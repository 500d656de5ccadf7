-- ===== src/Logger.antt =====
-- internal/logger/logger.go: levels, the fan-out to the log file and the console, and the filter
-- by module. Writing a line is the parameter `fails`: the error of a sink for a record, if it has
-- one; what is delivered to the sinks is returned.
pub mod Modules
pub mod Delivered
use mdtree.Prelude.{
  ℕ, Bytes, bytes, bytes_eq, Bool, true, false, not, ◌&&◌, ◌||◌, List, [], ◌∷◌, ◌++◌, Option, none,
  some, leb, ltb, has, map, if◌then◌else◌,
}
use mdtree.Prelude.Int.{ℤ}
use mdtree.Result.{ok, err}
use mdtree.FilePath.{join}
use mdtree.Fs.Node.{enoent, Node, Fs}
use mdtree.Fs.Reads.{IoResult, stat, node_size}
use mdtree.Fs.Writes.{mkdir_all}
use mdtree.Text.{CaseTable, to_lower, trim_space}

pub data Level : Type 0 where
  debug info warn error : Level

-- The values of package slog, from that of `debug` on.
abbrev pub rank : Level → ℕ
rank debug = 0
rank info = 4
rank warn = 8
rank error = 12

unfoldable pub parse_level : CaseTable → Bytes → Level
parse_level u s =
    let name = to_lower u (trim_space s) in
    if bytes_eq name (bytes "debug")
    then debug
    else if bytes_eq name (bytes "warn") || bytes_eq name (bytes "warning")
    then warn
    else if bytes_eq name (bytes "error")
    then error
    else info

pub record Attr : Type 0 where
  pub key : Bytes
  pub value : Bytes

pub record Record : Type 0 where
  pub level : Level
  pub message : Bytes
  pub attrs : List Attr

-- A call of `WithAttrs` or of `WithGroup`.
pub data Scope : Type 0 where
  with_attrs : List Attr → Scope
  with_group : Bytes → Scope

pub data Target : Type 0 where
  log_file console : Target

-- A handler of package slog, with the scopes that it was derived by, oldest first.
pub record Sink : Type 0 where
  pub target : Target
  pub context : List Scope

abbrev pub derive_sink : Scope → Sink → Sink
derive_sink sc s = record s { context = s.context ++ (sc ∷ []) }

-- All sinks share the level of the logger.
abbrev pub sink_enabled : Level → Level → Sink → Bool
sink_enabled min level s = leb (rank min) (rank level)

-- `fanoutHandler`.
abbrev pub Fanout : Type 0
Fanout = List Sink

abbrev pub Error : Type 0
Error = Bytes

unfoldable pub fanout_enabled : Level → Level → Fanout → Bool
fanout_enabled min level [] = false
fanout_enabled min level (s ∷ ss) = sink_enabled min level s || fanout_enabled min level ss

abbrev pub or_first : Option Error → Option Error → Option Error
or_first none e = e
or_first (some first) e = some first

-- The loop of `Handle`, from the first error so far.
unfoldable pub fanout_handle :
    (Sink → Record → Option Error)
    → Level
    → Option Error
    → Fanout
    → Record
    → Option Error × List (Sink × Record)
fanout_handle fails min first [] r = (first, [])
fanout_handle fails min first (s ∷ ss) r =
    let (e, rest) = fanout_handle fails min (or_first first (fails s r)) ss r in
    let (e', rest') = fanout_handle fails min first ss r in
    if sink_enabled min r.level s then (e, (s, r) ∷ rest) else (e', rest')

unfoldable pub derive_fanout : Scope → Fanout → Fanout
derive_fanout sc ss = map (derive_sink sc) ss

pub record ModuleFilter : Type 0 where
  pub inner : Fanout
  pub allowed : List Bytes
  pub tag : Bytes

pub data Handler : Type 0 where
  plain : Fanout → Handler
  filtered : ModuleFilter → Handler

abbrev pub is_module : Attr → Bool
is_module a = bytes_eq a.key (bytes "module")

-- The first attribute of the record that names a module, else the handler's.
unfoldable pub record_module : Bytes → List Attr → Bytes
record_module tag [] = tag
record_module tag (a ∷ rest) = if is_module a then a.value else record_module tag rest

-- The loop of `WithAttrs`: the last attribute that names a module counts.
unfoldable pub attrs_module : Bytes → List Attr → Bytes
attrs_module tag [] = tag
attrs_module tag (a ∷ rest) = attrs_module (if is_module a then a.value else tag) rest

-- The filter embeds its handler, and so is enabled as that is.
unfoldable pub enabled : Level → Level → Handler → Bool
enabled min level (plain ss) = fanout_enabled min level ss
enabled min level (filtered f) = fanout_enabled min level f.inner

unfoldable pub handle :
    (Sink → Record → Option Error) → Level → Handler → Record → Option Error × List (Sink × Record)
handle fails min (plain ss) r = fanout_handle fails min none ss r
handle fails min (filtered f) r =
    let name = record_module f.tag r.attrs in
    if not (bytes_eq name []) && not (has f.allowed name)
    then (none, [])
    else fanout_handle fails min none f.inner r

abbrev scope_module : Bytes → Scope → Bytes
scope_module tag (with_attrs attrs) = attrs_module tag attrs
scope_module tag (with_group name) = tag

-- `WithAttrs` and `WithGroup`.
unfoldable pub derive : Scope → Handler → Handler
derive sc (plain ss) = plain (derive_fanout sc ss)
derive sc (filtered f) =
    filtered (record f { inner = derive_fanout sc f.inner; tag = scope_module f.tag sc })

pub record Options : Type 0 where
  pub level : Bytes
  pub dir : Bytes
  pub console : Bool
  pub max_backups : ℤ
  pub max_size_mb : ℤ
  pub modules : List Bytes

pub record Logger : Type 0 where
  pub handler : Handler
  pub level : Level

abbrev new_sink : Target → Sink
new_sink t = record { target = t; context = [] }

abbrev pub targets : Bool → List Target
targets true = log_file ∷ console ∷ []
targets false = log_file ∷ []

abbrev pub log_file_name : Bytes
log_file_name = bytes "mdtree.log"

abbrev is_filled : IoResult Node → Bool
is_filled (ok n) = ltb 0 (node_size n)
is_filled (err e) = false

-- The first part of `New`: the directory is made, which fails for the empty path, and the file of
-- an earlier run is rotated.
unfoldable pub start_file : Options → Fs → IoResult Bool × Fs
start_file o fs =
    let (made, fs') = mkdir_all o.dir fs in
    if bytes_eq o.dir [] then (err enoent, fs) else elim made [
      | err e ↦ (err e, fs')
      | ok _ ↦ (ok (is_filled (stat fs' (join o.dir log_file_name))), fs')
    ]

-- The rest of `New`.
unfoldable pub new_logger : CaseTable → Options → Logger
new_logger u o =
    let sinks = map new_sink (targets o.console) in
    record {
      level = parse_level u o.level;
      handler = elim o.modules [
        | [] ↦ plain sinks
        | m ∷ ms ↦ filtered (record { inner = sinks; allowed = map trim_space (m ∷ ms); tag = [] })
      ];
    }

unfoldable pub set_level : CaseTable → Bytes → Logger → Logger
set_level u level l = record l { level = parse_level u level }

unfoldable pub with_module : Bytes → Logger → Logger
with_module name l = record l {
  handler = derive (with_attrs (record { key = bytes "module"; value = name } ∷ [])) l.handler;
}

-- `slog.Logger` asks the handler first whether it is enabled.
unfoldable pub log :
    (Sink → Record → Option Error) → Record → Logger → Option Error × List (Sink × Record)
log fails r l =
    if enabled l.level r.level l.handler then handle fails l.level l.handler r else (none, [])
•••
Requirement
Take the lines above from the one containing "if sink_enabled min" down to the one containing "unfoldable pub handle", and transcribe them exactly, both ends included.

Task result
    if sink_enabled min r.level s then (e, (s, r) ∷ rest) else (e', rest')

unfoldable pub derive_fanout : Scope → Fanout → Fanout
derive_fanout sc ss = map (derive_sink sc) ss

pub record ModuleFilter : Type 0 where
  pub inner : Fanout
  pub allowed : List Bytes
  pub tag : Bytes

pub data Handler : Type 0 where
  plain : Fanout → Handler
  filtered : ModuleFilter → Handler

abbrev pub is_module : Attr → Bool
is_module a = bytes_eq a.key (bytes "module")

-- The first attribute of the record that names a module, else the handler's.
unfoldable pub record_module : Bytes → List Attr → Bytes
record_module tag [] = tag
record_module tag (a ∷ rest) = if is_module a then a.value else record_module tag rest

-- The loop of `WithAttrs`: the last attribute that names a module counts.
unfoldable pub attrs_module : Bytes → List Attr → Bytes
attrs_module tag [] = tag
attrs_module tag (a ∷ rest) = attrs_module (if is_module a then a.value else tag) rest

-- The filter embeds its handler, and so is enabled as that is.
unfoldable pub enabled : Level → Level → Handler → Bool
enabled min level (plain ss) = fanout_enabled min level ss
enabled min level (filtered f) = fanout_enabled min level f.inner

unfoldable pub handle :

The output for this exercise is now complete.